Superman looks more and more miserable as each word of disdain leaves Lex’s mouth. How dare he? As if he couldn’t get any more self-righteous; he humiliates Lex, tosses him in a living hell and expects a warm hug and a tray of freshly baked cookies from his unannounced, and most certainly unwelcomed visit?
“Look, Lex, I would’ve thought that whole fiasco, you’d finally realise I’m not a bad guy…”
Lex nearly feels his jaw dislocate from the force in which it dropped; is this fucking guy serious?
“You’re joking,” he scoffs, the sneer on his face so deep it could burn a permanent wrinkle on his face.
“Let me make this absolutely crystal clear to you, you pibble-brained, arrogant deviant— I abhor you. I loathe you. I detest you. Every inch of you. With every fibre of my being. There has not, and never will, be a day where I don’t regret having that humanoid periodic table shove kryptonite against your face and kill you. And— and, and I swear, if you start running your mouth on your humanity, and mine, and that it’s not too late and to take a chance and whatever other manipulative nonsense you spit out like the Bible, I’ll fucking lose my shit. So, again, I hate you. Always have, always will. I’ve hated you since the very first moment I had the displeasure of seeing your face.”
Now, Lex was hardly a poet, nor did he mean to be so vulgar, but the sludge of hatred that projected out of his mouth felt so relieving. He had been red faced the more he rambled on, and the flush leaving his cheeks left a beautiful afterglow on the peak of his temple. Hopefully Superman would finally take the hint and leave him in peace. Maybe he would finally sleep peacefully. However much to his dismay, Superman’s expression of pity hadn’t changed, except the deepened furrow of his brow and tightening of his jaw. “That… isn’t true, Lex.” he says, and any sense of satisfaction Lex had briefly felt was taken away and replaced with an even bigger chip on his shoulder.
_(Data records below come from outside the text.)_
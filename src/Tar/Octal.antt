-- ===== src/Tar/Octal.antt =====
-- src/kernel/tar.c: `octal_to_int` reads what an archiver writes.
use zoho_os.Prelude.{
  ℕ, zero, suc, ◌+◌, ◌-◌, ◌*◌, ◌/◌, ◌%◌, ◌^◌, ◌≤◌, ◌<◌, ◌⊎◌, bit_or, ◌≡◌, refl, ap, ◌∙◌, arith,
  ◌==◌, if◌then◌else◌, inl, inr, ℕ_discrete, ltb, ◌||◌, Bool-cases,
}
use native.Mathlib.Nat.{pow-suc}
use zoho_os.Bits.Fields.{bit_or-add}
use zoho_os.Tar.{word32, octal_from, octal_to_int}

-- `n` in `width` octal digits, the last of them at `width - 1`, and then the end of the field.
abbrev pub octal_digits : ℕ → ℕ → ℕ → ℕ
octal_digits zero n i = 0
octal_digits (suc width) n i = if i == width then b'0' + n % 8 else octal_digits width (n / 8) i

abbrev Digit : ℕ → Type 0
Digit c = (b'0' ≤ c) × (c ≤ b'7')

-- The number that the first `k` digits go on to, from `res`.
octal_value : ℕ → (ℕ → ℕ) → ℕ → ℕ
octal_value zero oct res = res
octal_value (suc k) oct res = octal_value k (λ i. oct (suc i)) (res * 8 + (oct 0 - b'0'))

push_digit : (res d : ℕ) → d < 8 → bit_or (word32 (res * 8)) d ≡ word32 (res * 8 + d)
push_digit res d h = ap (λ (x : ℕ). bit_or x d) high ∙ bit_or-add 3 (res % 2 ^ 29) d h ∙ omega arith
  where
    high : word32 (res * 8) ≡ res % 2 ^ 29 * 8
    high = omega arith

value_wraps :
    (k : ℕ) (oct : ℕ → ℕ) (a b : ℕ)
    → word32 a ≡ word32 b
    → word32 (octal_value k oct a) ≡ word32 (octal_value k oct b)
unfolding octal_value
value_wraps zero oct a b h = h
value_wraps (suc k) oct a b h = value_wraps k (λ i. oct (suc i)) _ _ (omega arith)

value_last :
    (k : ℕ) (oct : ℕ → ℕ) (res : ℕ)
    → octal_value (suc k) oct res ≡ octal_value k oct res * 8 + (oct k - b'0')
unfolding octal_value
value_last zero oct res = refl
value_last (suc k) oct res = value_last k (λ i. oct (suc i)) _

-- The loop reads `k` digits that end there, by its bound or by what follows.
octal_from_digits :
    (k left : ℕ) (oct : ℕ → ℕ) (res : ℕ)
    → ((i : ℕ) → i < k → Digit (oct i))
    → (k ≡ left) ⊎ ((k < left) × (oct k < b'0'))
    → res < 2 ^ 32
    → octal_from left oct res ≡ word32 (octal_value k oct res)
unfolding octal_from octal_value
octal_from_digits zero zero oct res d e h = omega arith
octal_from_digits zero (suc left) oct res d (inl e) h = absurd (omega arith)
octal_from_digits zero (suc left) oct res d (inr e) h = ground arith
octal_from_digits (suc k) zero oct res d (inl e) h = absurd (omega arith)
octal_from_digits (suc k) zero oct res d (inr e) h = absurd (omega arith)
octal_from_digits (suc k) (suc left) oct res d e h = ground (
  arith,
  d 0,
  push_digit res (oct 0 - b'0'),
  octal_from_digits k left (λ i. oct (suc i)) (word32 (res * 8 + (oct 0 - b'0')))
      (λ i l. d (suc i) (omega arith))
      (elim e [ inl full ↦ inl (omega arith) | inr ended ↦ inr (omega arith) ]) (omega arith),
  value_wraps k (λ i. oct (suc i)) (word32 (res * 8 + (oct 0 - b'0'))) (res * 8 + (oct 0 - b'0'))
      (omega arith),
)

digits-Digit : (width n i : ℕ) → i < width → Digit (octal_digits width n i)
digits-Digit zero n i h = absurd (omega arith)
digits-Digit (suc width) n i h = ground (arith, digits-Digit width (n / 8) i)

digits_end : (width n : ℕ) → octal_digits width n width ≡ 0
digits_end width n = beyond width n width (omega arith)
  where
    beyond : (w n i : ℕ) → w ≤ i → octal_digits w n i ≡ 0
    beyond zero n i h = refl
    beyond (suc w) n i h = ground (arith, beyond w (n / 8) i)

value_of_digits :
    (width n : ℕ) (oct : ℕ → ℕ)
    → n < 8 ^ width
    → ((i : ℕ) → i < width → oct i ≡ octal_digits width n i)
    → octal_value width oct 0 ≡ n
unfolding octal_value
value_of_digits zero n oct h e = omega arith
value_of_digits (suc k) n oct h e =
    value_last k oct 0
    ∙ omega (
      arith,
      value_of_digits k (n / 8) oct (omega (arith, pow-suc 8 k))
          (λ i l. e i (omega arith) ∙ ground arith),
      e k (omega arith) ∙ top,
    )
  where
    top : octal_digits (suc k) n k ≡ b'0' + n % 8
    top = ground arith

-- `octal_to_int` reads back a size that is written in at most eleven octal digits before a NUL, up to
-- the wrap-around of 32 bits.
pub octal_to_int-octal_digits :
    (width n : ℕ) → width ≤ 11 → n < 8 ^ width → octal_to_int (octal_digits width n) ≡ word32 n
unfolding octal_to_int
octal_to_int-octal_digits width n w h =
    octal_from_digits width 11 (octal_digits width n) 0 (digits-Digit width n) ends (omega arith)
    ∙ ap word32 (value_of_digits width n (octal_digits width n) h (λ i l. refl))
  where
    ends : (width ≡ 11) ⊎ ((width < 11) × (octal_digits width n width < b'0'))
    ends = elim (ℕ_discrete width 11) [
      | yes full ↦ inl full
      | no short ↦ inr (omega arith, omega (arith, digits_end width n))
    ]

octal_from_bound :
    (left : ℕ) (oct : ℕ → ℕ) (res : ℕ) → res < 2 ^ 32 → octal_from left oct res < 2 ^ 32
unfolding octal_from
octal_from_bound zero oct res h = h
octal_from_bound (suc left) oct res h = elim (Bool-cases (ltb (oct 0) b'0' || ltb b'7' (oct 0))) [
  | inl stop ↦ rw stop h
  | inr go ↦
      let digit : oct 0 - b'0' < 8 = ground (arith, go) in
      rw go (
        octal_from_bound left (λ i. oct (suc i)) _
          (omega (arith, push_digit res (oct 0 - b'0') digit)))
]

-- What is read is a number of 32 bits.
pub octal_to_int_bound : (oct : ℕ → ℕ) → octal_to_int oct < 2 ^ 32
unfolding octal_to_int
octal_to_int_bound oct = octal_from_bound 11 oct 0 (omega arith)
“Why?! Why is that not true? Do I have to manually drill it into your brain?”
Superman, who’s tail has gone fully between his legs, sighs and reaches into the breast of his suit, and pulls out a pair of glasses. Lex has always been confused at the physics of that costume; how did he fit that in there without the outline of it showing through the material? But again, the thought is discarded from his brain and is replaced by shock when Superman puts on the glasses, and his face changes entirely. The bile rises to the base of his throat once more as he blinks stupidly. No fucking way.
…
“Macdonald?” Oh God, he was going to throw up.
“…E-I-E-I-O,” Superman says, like the weight of the world has finally been lifted off of his brutish shoulders and slammed right onto Lex’s.
No. No way, that’s… “Impossible.” is the only word that Lex is able to croak out, suddenly forgetting how to use his respiratory system.
“I’m so sorry, Lex. I wanted to tell you for a long time. You were the only one who I knew would understand me, but I was so scared, we were just kids and things happened so quickly and I—
I failed you, Lex. I failed my best friend.”
“Jesus Christ,” Lex murmurs, now feeling extremely cautious to breathe so as to not actually have a heart attack. Everything was piecing together so quickly his blood vessels were on the brink of constricting, and an abhorrent, throbbing ache was starting to take shape behind his eyes, and—
No wonder he reacted that way to the Kryptonite.
Perhaps it was the fact Lex hadn’t slept in 2 days, or that he remains restless even in his slumber, or that he eats maybe once a day depending on the kind of slop they were serving that day, or the revelation that childhood his best friend had been living a double life and was secretly Superman, of all fucking people, that causes Lex’s eyes to roll to the back of his head as he collapses onto his pathetic little bed, although not even that could compare to how pathetic he probably looks right now, as the last thing he hears is—
“Lex? Lex, Oh God, we need a medic in here!”